Exactly reproduce the data from its first line through the line with "deserialize_items_lem [] ret", leaving out every line after it.

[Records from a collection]
>>>

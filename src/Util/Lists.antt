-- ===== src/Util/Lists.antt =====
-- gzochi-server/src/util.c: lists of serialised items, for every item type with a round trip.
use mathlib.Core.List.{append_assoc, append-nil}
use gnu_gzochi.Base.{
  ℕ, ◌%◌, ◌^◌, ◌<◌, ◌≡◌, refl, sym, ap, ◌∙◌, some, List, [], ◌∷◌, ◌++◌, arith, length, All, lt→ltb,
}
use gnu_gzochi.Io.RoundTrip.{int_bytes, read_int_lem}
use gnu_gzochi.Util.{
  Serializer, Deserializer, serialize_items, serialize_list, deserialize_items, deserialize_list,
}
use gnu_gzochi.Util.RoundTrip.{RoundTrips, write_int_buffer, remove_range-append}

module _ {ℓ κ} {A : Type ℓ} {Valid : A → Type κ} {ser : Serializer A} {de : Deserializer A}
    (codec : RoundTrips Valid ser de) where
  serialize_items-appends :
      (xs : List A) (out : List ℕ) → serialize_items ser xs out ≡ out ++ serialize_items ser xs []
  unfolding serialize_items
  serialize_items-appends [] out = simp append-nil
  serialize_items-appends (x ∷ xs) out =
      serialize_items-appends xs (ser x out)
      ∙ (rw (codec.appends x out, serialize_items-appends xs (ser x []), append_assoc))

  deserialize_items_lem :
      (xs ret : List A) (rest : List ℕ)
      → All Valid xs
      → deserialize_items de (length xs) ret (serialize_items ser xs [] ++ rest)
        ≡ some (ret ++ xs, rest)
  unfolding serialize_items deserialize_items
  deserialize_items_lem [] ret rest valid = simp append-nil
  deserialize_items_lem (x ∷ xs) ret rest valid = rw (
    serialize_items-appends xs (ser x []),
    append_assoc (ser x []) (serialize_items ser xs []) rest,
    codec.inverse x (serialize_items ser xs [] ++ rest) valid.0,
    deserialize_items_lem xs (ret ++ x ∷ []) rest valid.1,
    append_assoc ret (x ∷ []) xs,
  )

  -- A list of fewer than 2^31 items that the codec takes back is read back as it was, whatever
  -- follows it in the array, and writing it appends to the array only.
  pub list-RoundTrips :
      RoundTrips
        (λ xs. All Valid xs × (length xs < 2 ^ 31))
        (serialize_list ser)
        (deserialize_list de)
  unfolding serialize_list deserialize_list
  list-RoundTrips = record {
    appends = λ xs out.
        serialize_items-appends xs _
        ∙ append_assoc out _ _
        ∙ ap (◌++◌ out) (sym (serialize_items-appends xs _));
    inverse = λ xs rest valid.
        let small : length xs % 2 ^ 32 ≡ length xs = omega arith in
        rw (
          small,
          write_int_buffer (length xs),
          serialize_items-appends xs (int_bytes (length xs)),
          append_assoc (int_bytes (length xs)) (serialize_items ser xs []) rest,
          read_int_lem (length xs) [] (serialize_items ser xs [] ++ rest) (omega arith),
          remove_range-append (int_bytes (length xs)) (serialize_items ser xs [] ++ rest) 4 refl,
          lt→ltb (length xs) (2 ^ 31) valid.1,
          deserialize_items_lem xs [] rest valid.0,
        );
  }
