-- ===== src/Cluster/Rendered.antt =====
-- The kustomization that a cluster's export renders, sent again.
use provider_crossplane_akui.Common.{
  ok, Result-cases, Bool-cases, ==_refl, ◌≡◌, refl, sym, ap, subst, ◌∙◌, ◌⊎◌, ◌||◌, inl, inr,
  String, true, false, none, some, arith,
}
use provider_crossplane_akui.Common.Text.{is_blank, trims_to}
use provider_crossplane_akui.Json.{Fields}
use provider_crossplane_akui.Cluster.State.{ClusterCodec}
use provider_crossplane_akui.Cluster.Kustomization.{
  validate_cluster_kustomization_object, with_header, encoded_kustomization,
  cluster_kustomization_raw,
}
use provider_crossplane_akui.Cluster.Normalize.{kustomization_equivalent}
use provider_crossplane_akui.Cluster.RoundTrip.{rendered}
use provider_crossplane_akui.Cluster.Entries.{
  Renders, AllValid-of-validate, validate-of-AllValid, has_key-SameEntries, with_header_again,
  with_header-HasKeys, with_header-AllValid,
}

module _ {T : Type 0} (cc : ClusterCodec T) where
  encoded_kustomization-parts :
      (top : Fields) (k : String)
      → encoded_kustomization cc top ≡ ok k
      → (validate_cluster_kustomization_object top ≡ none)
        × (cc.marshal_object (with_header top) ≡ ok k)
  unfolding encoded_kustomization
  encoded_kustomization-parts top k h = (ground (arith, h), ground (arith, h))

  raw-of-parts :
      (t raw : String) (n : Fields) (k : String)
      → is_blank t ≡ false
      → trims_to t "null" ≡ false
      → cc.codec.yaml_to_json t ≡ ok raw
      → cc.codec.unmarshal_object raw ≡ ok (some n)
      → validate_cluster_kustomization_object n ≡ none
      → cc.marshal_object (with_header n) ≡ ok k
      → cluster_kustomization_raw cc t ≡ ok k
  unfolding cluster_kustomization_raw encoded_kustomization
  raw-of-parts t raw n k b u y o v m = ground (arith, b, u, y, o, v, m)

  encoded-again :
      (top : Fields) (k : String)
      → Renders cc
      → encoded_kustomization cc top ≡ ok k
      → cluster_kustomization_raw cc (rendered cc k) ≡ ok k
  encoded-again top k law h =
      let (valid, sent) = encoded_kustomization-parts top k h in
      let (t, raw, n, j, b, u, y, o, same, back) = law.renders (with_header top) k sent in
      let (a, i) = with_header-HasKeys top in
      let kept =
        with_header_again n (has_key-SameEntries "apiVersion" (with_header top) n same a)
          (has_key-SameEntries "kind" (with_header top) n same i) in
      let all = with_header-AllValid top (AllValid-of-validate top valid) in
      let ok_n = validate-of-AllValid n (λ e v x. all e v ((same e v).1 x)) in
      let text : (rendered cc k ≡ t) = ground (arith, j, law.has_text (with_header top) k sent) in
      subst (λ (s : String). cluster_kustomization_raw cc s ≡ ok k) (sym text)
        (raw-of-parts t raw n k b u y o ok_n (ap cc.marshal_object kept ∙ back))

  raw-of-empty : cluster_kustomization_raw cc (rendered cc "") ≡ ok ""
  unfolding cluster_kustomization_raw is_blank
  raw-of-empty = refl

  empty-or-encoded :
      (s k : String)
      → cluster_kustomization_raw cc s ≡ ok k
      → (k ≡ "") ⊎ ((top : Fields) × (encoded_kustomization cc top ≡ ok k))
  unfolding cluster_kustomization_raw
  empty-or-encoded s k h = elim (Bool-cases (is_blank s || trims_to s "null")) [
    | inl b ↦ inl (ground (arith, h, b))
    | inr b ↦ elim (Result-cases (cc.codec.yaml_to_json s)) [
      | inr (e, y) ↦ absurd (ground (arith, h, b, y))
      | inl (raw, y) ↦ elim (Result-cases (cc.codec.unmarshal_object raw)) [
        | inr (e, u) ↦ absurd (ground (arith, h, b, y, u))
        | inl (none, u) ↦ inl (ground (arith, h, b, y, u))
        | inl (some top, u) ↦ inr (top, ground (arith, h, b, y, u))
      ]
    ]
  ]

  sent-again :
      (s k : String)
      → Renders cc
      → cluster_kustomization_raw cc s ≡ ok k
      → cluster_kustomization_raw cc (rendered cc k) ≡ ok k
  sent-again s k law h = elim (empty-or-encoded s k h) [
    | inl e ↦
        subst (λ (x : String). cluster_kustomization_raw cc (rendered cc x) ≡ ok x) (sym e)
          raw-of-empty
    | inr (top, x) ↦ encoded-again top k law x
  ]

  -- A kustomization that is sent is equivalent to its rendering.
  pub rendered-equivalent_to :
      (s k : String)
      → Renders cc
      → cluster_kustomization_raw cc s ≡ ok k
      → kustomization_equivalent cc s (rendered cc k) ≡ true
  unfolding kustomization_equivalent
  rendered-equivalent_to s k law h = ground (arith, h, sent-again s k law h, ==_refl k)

<<<

* [Result of this exercise]
filename src/Util/Lists.antt
-- ===== src/Util/Lists.antt =====
-- gzochi-server/src/util.c: lists of serialised items, for every item type with a round trip.
use mathlib.Core.List.{append_assoc, append-nil}
use gnu_gzochi.Base.{
  ℕ, ◌%◌, ◌^◌, ◌<◌, ◌≡◌, refl, sym, ap, ◌∙◌, some, List, [], ◌∷◌, ◌++◌, arith, length, All, lt→ltb,
}
use gnu_gzochi.Io.RoundTrip.{int_bytes, read_int_lem}
use gnu_gzochi.Util.{
  Serializer, Deserializer, serialize_items, serialize_list, deserialize_items, deserialize_list,
}
use gnu_gzochi.Util.RoundTrip.{RoundTrips, write_int_buffer, remove_range-append}

module _ {ℓ κ} {A : Type ℓ} {Valid : A → Type κ} {ser : Serializer A} {de : Deserializer A}
    (codec : RoundTrips Valid ser de) where
  serialize_items-appends :
      (xs : List A) (out : List ℕ) → serialize_items ser xs out ≡ out ++ serialize_items ser xs []
  unfolding serialize_items
  serialize_items-appends [] out = simp append-nil
  serialize_items-appends (x ∷ xs) out =
      serialize_items-appends xs (ser x out)
      ∙ (rw (codec.appends x out, serialize_items-appends xs (ser x []), append_assoc))

  deserialize_items_lem :
      (xs ret : List A) (rest : List ℕ)
      → All Valid xs
      → deserialize_items de (length xs) ret (serialize_items ser xs [] ++ rest)
        ≡ some (ret ++ xs, rest)
  unfolding serialize_items deserialize_items
  deserialize_items_lem [] ret rest valid = simp append-nil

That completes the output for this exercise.